- **DATA UNDER STUDY**:
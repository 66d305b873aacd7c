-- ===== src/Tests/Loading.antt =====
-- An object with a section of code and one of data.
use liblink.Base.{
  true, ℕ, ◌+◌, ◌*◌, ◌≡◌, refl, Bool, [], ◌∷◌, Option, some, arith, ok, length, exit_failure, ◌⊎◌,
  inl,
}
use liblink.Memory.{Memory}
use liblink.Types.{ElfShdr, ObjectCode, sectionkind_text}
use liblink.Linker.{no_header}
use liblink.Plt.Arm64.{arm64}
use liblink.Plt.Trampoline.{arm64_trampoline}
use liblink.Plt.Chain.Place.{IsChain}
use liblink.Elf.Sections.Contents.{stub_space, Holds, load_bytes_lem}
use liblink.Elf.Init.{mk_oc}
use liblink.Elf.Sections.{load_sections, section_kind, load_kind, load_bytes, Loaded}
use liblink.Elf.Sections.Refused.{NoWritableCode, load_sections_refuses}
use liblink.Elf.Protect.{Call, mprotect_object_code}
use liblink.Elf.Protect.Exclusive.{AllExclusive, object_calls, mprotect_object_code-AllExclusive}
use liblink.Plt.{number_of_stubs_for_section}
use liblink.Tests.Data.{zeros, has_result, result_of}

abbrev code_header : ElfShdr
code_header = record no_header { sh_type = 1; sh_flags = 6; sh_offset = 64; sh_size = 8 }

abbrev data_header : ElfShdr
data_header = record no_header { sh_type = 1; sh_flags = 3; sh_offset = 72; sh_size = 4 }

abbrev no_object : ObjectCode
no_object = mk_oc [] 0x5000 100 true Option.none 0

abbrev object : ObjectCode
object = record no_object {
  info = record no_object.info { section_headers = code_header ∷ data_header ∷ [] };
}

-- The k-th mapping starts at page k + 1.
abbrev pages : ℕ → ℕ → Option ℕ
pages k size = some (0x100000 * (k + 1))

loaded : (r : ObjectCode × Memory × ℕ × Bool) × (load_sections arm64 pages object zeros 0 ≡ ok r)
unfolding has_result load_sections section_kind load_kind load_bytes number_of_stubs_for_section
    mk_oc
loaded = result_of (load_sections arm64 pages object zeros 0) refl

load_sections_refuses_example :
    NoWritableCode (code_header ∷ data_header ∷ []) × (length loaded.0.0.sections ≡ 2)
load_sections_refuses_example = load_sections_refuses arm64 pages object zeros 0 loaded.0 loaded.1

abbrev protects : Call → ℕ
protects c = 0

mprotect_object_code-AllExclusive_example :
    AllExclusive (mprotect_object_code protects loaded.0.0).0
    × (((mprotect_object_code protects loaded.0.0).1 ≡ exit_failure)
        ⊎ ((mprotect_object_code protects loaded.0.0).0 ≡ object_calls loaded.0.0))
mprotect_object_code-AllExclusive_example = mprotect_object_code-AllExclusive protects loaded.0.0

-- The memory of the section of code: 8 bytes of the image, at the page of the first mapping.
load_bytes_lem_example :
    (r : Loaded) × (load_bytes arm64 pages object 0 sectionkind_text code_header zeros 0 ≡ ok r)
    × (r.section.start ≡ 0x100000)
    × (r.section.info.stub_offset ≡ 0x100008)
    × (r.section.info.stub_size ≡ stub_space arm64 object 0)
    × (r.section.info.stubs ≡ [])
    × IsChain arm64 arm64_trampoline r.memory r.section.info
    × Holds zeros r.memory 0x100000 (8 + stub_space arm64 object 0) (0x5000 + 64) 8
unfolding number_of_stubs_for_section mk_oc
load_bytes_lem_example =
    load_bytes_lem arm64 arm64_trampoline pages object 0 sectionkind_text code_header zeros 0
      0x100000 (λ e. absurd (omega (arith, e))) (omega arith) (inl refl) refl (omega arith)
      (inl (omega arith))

- **ACTIVITY**:
Scan the material for the string "Bool". Copy each line where it appears.

- **YOUR RESPONSE**:
  true, ℕ, ◌+◌, ◌*◌, ◌≡◌, refl, Bool, [], ◌∷◌, Option, some, arith, ok, length, exit_failure, ◌⊎◌,
loaded : (r : ObjectCode × Memory × ℕ × Bool) × (load_sections arm64 pages object zeros 0 ≡ ok r)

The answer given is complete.